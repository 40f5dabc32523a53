-- ===== src/Security.antt =====
-- app/security.py: idempotency keys and public ids.
use smmfalcron.Prelude.{
  string_eq, String, Option, none, some, List, ◌==◌, if◌then◌else◌, join_with, append,
}
use smmfalcron.Env.{Env}

module _ ⦃env : Env⦄ where
  -- The hash of the parts; the code never calls it with none, where it would draw a random one.
  unfoldable pub new_idempotency_key : List String → String
  new_idempotency_key parts = env.sha256_hex (join_with "|" parts)

-- The part after the dash is drawn at random: it is an argument of the operations that draw it.
unfoldable pub new_public_id : String → String → String
new_public_id prefix token = append prefix (append "-" token)

-- `key or default`: a missing key and an empty one are both replaced.
unfoldable pub key_or : Option String → String → String
key_or none d = d
key_or (some k) d = if k == "" then d else k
^^^^^^^^^^^^^^^^
Write out the entries in full, exactly as given.

- _TASK SOLUTION_:
repository 40f5dabc32523a53
-- ===== src/Security.antt =====
-- app/security.py: idempotency keys and public ids.
use smmfalcron.Prelude.{
  string_eq, String, Option, none, some, List, ◌==◌, if◌then◌else◌, join_with, append,
}
use smmfalcron.Env.{Env}

module _ ⦃env : Env⦄ where
  -- The hash of the parts; the code never calls it with none, where it would draw a random one.
  unfoldable pub new_idempotency_key : List String → String
  new_idempotency_key parts = env.sha256_hex (join_with "|" parts)

-- The part after the dash is drawn at random: it is an argument of the operations that draw it.
unfoldable pub new_public_id : String → String → String
new_public_id prefix token = append prefix (append "-" token)

-- `key or default`: a missing key and an empty one are both replaced.
unfoldable pub key_or : Option String → String → String
key_or none d = d
key_or (some k) d = if k == "" then d else k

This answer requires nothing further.